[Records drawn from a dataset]
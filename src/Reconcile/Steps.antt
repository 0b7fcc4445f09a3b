-- ===== src/Reconcile/Steps.antt =====
-- src/waitd.py, `reconcile_loops`: one entry of the known loops.
use wait_skill.Prelude.{
  ◌≡◌, refl, ap, sym, ◌∙◌, Bool, true, false, not, ◌&&◌, ◌||◌, String, some, List, [], ◌∷◌, ◌==◌,
  ok, elem, arith, inl, inr, Bool-cases, Option-cases, Result-cases, eq_iff, eq_refl,
}
use wait_skill.Loop.State.{LoopState, goal_is_open, is_active, is_waiting}
use wait_skill.Loop.Lifecycle.{cancel}
use wait_skill.Registry.State.{Watcher, ids, submit}
use wait_skill.Registry.Protected.{submit-keeps}
use wait_skill.Jobs.Submit.{take_up, accepted_job, id_or}
use wait_skill.Jobs.Timers.{timer_argv, id_text}
use wait_skill.Reconcile.{
  Service, Reconciled, LoopStore, LoopFile, absent, broken, holds, reconcile_one, start_timer, link,
  follow_up, end_monitor, visit, protected_id, protected_ids, written, paths,
}

protected_id-more :
    (id : String) (file : LoopFile) (xs : List String)
    → elem id xs ≡ true
    → elem id (protected_id file xs) ≡ true
unfolding elem
protected_id-more id absent xs h = h
protected_id-more id broken xs h = h
protected_id-more id (holds s) xs h = ground arith

-- The files of a known loop have its identifier protected.
pub protected_ids-waits :
    (store : LoopStore) (loops : List (String × String)) (path id : String) (s : LoopState)
    → elem path (paths loops) ≡ true
    → store path ≡ holds s
    → s.watch_id ≡ some id
    → elem id (protected_ids store loops) ≡ true
unfolding elem
protected_ids-waits store [] path id s known held watched = ground (arith, known)
protected_ids-waits store ((at, cwd) ∷ loops) path id s known held watched =
    elim (Bool-cases (at == path)) [
      | inl here ↦
          let held_here : store at ≡ holds s = ap store ((eq_iff at path).0 here) ∙ held in
          ground (arith, held_here, watched, eq_refl id)
      | inr later ↦
          protected_id-more id (store at) (protected_ids store loops)
            (protected_ids-waits store loops path id s (ground (arith, known, later)) held watched)
    ]

pub take_up-ids :
    (v : Service) (cwd id : String) (protected argv : List String) (watchers behind : List Watcher)
    → elem id protected ≡ true
    → elem id (ids watchers) ≡ true
    → take_up v.outside (v.submission cwd) protected v.now argv watchers ≡ ok behind
    → elem id (ids behind) ≡ true
unfolding take_up
take_up-ids v cwd id protected argv watchers behind waits known done =
    elim (Result-cases (accepted_job v.outside (v.submission cwd) argv)) [
      | inr (e, refused) ↦ ground (arith, refused, done)
      | inl (taken, accepted) ↦
          let own = id_or (v.submission cwd).fresh_id taken.0.watch.event_id in
          elim (Result-cases (submit protected v.now own watchers)) [
            | inr (e, refused) ↦ ground (arith, refused, accepted, done)
            | inl (after, submitted) ↦
                let same : after ≡ behind = ground (arith, submitted, accepted, done) in
                ap (λ xs. elem id (ids xs)) (sym same)
                ∙ submit-keeps protected id own v.now watchers after waits submitted known
          ]
    ]

abbrev is_open_file : Service → LoopFile → Bool
is_open_file v absent = false
is_open_file v broken = false
is_open_file v (holds s) = goal_is_open v.goals s

module _ (v : Service) (loops : List (String × String)) (path id : String) (s : LoopState)
    (known : elem path (paths loops) ≡ true) (watched : s.watch_id ≡ some id)
    (open_goal : goal_is_open v.goals s ≡ true) where
  -- What holds of the loop while the others are visited: its file is as it was, and its timer stays
  -- in the registry.
  abbrev pub is_registered : Reconciled → Bool
  is_registered r = elem id (ids r.watchers)

  abbrev pub Stays : Reconciled → Reconciled → Type 0
  Stays r after =
      (after.store path ≡ holds s) × (is_registered r ≡ true → is_registered after ≡ true)

  start_timer-Stays :
      (entry cwd : String) (t : LoopState) (r : Reconciled)
      → r.store path ≡ holds s
      → Stays r (start_timer v loops entry cwd t r)
  start_timer-Stays entry cwd t r held =
      let taken =
        take_up v.outside (v.submission cwd) (protected_ids r.store loops) v.now
          (timer_argv v.clock t entry) r.watchers in
      elim (Result-cases taken) [
        | inr (e, refused) ↦ rw (refused, start_timer) (held, λ h. h)
        | inl (behind, done) ↦
            let waits = protected_ids-waits r.store loops path id s known held watched in
            rw (done, start_timer)
              (
                held,
                λ h.
                    take_up-ids v cwd id (protected_ids r.store loops) (timer_argv v.clock t entry)
                      r.watchers behind waits h done,
              )
      ]

  pub link-Stays :
      (entry : String) (t : LoopState) (r : Reconciled)
      → r.store path ≡ holds s
      → Stays r (link entry t r)
  link-Stays entry t r held = elim (Option-cases t.goal) [
    | inl e ↦ rw e (held, λ h. h)
    | inr (owner, e) ↦ rw e (held, λ h. h)
  ]

  then-Stays : (r next after : Reconciled) → Stays r next → Stays next after → Stays r after
  then-Stays r next after (a, f) (b, g) = (b, λ h. g (f h))

  follow_up-Stays :
      (entry cwd : String) (t : LoopState) (r : Reconciled)
      → r.store path ≡ holds s
      → Stays r (follow_up v loops entry cwd t r)
  follow_up-Stays entry cwd t r held =
      let seen = link-Stays entry t r held in
      let next = link entry t r in
      elim (Bool-cases (not (is_active t.status) || not (is_waiting t.phase))) [
        | inl done ↦ rw done seen
        | inr waits ↦ elim (Bool-cases (elem (id_text t) (ids next.watchers))) [
          | inl there ↦ rw (waits, there) seen
          | inr missing ↦
              rw (waits, missing)
                (then-Stays r next (start_timer v loops entry cwd t next) seen
                  (start_timer-Stays entry cwd t next seen.0))
        ]
      ]

  end_monitor-Stays :
      (entry cwd : String) (t : LoopState) (r : Reconciled)
      → (path == entry) ≡ false
      → r.store path ≡ holds s
      → Stays r (end_monitor v loops entry cwd t r)
  end_monitor-Stays entry cwd t r other held = elim (Bool-cases (v.runs_cancel entry)) [
    | inr fails ↦ rw fails (held, λ h. h)
    | inl runs ↦ elim (Result-cases (cancel v.now t)) [
      | inr (e, refused) ↦ rw (runs, refused) (held, λ h. h)
      | inl (t', cancelled) ↦
          let next : Reconciled = record r { store = written entry t' r.store } in
          let apart : next.store path ≡ holds s = rw other held in
          rw (runs, cancelled) (follow_up-Stays entry cwd t' next apart)
    ]
  ]

  pub reconcile_one-Stays :
      (entry : String × String) (r : Reconciled)
      → r.store path ≡ holds s
      → Stays r (reconcile_one v loops entry r)
  unfolding reconcile_one
  reconcile_one-Stays (at, cwd) r held =
      elim (r.store at) as (λ file. r.store at ≡ file → Stays r (visit v loops at cwd file r)) [
        | absent ↦ λ e. (held, λ h. h)
        | broken ↦ λ e. (held, λ h. h)
        | holds t ↦ λ e. elim (Bool-cases (is_active t.status && not (goal_is_open v.goals t))) [
          | inr goes_on ↦ rw goes_on (follow_up-Stays at cwd t r held)
          | inl ends ↦ elim (Bool-cases (path == at)) [
            | inr other ↦ rw ends (end_monitor-Stays at cwd t r other held)
            | inl same ↦
                let both : holds s ≡ holds t =
                  sym held ∙ (ap r.store ((eq_iff path at).0 same) ∙ e) in
                ground (arith, ap (is_open_file v) both, open_goal, ends)
          ]
        ]
      ]
        refl
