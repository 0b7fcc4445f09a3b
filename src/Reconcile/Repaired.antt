-- ===== src/Reconcile/Repaired.antt =====
-- src/waitd.py, `reconcile_loops`, for one waiting loop among the others.
use wait_skill.Prelude.{
  ◌≡◌, refl, ap, sym, ◌∙◌, true, false, not, ◌&&◌, ◌||◌, String, some, List, [], ◌∷◌, ◌++◌, ◌==◌,
  ok, elem, arith, inl, inr, Bool-cases, eq_refl, ◌⊎◌,
}
use wait_skill.Loop.State.{LoopState, validate_identity, goal_is_open, is_active, is_waiting}
use wait_skill.Registry.State.{Watcher, ids}
use wait_skill.Registry.Protected.{submit-own, submit-new}
use wait_skill.Jobs.Parse.{has_same_path, is_bad_event_id}
use wait_skill.Jobs.Pairs.{are_pairs}
use wait_skill.Jobs.Timers.{timer_pairs, id_text}
use wait_skill.Jobs.Timers.Current.{take_up-timer}
use wait_skill.Reconcile.{
  Service, Reconciled, LoopStore, holds, reconcile_one, reconcile_from, reconcile_loops,
  start_timer, link, protected_ids, paths,
}
use wait_skill.Reconcile.Steps.{reconcile_one-Stays, link-Stays, protected_ids-waits}

abbrev pub IsEntry : String × String → List (String × String) → Type 0
IsEntry e [] = ⊥
IsEntry e (x ∷ xs) = (x ≡ e) ⊎ IsEntry e xs

known_entry :
    (path cwd : String) (loops : List (String × String))
    → IsEntry (path, cwd) loops
    → elem path (paths loops) ≡ true
unfolding elem
known_entry path cwd [] e = absurd e
known_entry path cwd (x ∷ loops) (inl same) =
    let here : (x.0 == path) ≡ true = ap (λ y. y.0 == path) same ∙ eq_refl path in
    ground (arith, here)
known_entry path cwd (x ∷ loops) (inr later) = ground (arith, known_entry path cwd loops later)

module _ (v : Service) (loops : List (String × String)) (path cwd id : String) (s : LoopState)
    (entry : IsEntry (path, cwd) loops) (valid : validate_identity s ≡ ok tt)
    (active : is_active s.status ≡ true) (waits : is_waiting s.phase ≡ true)
    (watched : s.watch_id ≡ some id) (open_goal : goal_is_open v.goals s ≡ true)
    (fits : are_pairs (timer_pairs v.clock s path ++ ("--remote", (v.submission cwd).endpoint) ∷ [])
      ≡ true)
    (positive : v.outside.is_positive_number (v.clock.timeout s) ≡ true)
    (distinct : has_same_path v.outside.canonical_path []
        (path ∷ v.clock.log path id ∷ v.clock.lock (v.clock.log path id) ∷ [])
      ≡ false)
    (id_ok : is_bad_event_id (some id) ≡ false) (path_kept : (v.submission cwd).within path ≡ path)
    (log_kept : (v.submission cwd).within (v.clock.log path id) ≡ v.clock.log path id)
    (lock_kept : (v.submission cwd).within (v.clock.lock (v.clock.log path id))
      ≡ v.clock.lock (v.clock.log path id))
    (ready : (v.submission cwd).is_ready ≡ true) where
  known : elem path (paths loops) ≡ true
  known = known_entry path cwd loops entry

  submits :
      (r : Reconciled)
      → r.store path ≡ holds s
      → elem id (ids r.watchers) ≡ false
      → elem id (ids (start_timer v loops path cwd s r).watchers) ≡ true
  submits r held new =
      let sub = v.submission cwd in
      let protected = protected_ids r.store loops in
      let waited = protected_ids-waits r.store loops path id s known held watched in
      let (behind, done) = submit-new protected id v.now r.watchers new in
      let taken =
        take_up-timer v.outside sub v.clock s path id v.goals (λ _. some s) refl valid active waits
          watched open_goal fits positive distinct id_ok path_kept log_kept lock_kept protected
          v.now r.watchers behind ready done in
      rw (taken, start_timer) (submit-own protected id v.now r.watchers behind waited done)

  visited :
      (r : Reconciled)
      → r.store path ≡ holds s
      → elem id (ids (reconcile_one v loops (path, cwd) r).watchers) ≡ true
  unfolding reconcile_one
  visited r held =
      let next = link path s r in
      let seen = link-Stays v loops path id s known watched open_goal path s r held in
      let followed : (is_active s.status && not (goal_is_open v.goals s)) ≡ false =
        ground (arith, active, open_goal) in
      let here : (not (is_active s.status) || not (is_waiting s.phase)) ≡ false =
        ground (arith, active, waits) in
      let own : id_text s ≡ id = ground (arith, watched) in
      elim (Bool-cases (elem (id_text s) (ids next.watchers))) [
        | inl there ↦
            rw (held, followed, here, there)
              (ap (λ x. elem x (ids next.watchers)) (sym own) ∙ there)
        | inr missing ↦
            rw (held, followed, here, missing)
              (submits next seen.0 (ap (λ x. elem x (ids next.watchers)) (sym own) ∙ missing))
      ]

  stays_from :
      (left : List (String × String)) (r : Reconciled)
      → r.store path ≡ holds s
      → elem id (ids r.watchers) ≡ true
      → elem id (ids (reconcile_from v loops left r).watchers) ≡ true
  stays_from [] r held there = there
  stays_from (first ∷ left) r held there =
      let next = reconcile_one-Stays v loops path id s known watched open_goal first r held in
      stays_from left (reconcile_one v loops first r) next.0 (next.1 there)

  repaired_from :
      (left : List (String × String)) (r : Reconciled)
      → IsEntry (path, cwd) left
      → r.store path ≡ holds s
      → elem id (ids (reconcile_from v loops left r).watchers) ≡ true
  repaired_from [] r known_here held = absurd known_here
  repaired_from (first ∷ left) r (inl same) held =
      let next = reconcile_one-Stays v loops path id s known watched open_goal first r held in
      stays_from left (reconcile_one v loops first r) next.0 (rw same (visited r held))
  repaired_from (first ∷ left) r (inr later) held =
      let next = reconcile_one-Stays v loops path id s known watched open_goal first r held in
      repaired_from left (reconcile_one v loops first r) later next.0

  -- After reconcile_loops the registry has a watch with the identifier of each known loop that is
  -- valid and active and waits while its goal is open, whatever the other loops are and whatever
  -- the registry was before, when the timer of the loop can be submitted: its texts can stand behind
  -- options, the timeout is positive, the paths are distinct and stay as they are in the directory
  -- of the loop, the identifier is permitted, and the endpoint of codex is ready.
  pub reconcile_loops-repairs :
      (store : LoopStore) (watchers : List Watcher)
      → store path ≡ holds s
      → elem id (ids (reconcile_loops v loops store watchers).watchers) ≡ true
  unfolding reconcile_loops
  reconcile_loops-repairs store watchers held =
      repaired_from loops (record { store = store; watchers = watchers; monitors = [] }) entry held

The problem:
Take from the entries every line that has the string "outside".

Task solution:
    → take_up v.outside (v.submission cwd) protected v.now argv watchers ≡ ok behind
    elim (Result-cases (accepted_job v.outside (v.submission cwd) argv)) [
        take_up v.outside (v.submission cwd) (protected_ids r.store loops) v.now
    (positive : v.outside.is_positive_number (v.clock.timeout s) ≡ true)
    (distinct : has_same_path v.outside.canonical_path []
        take_up-timer v.outside sub v.clock s path id v.goals (λ _. some s) refl valid active waits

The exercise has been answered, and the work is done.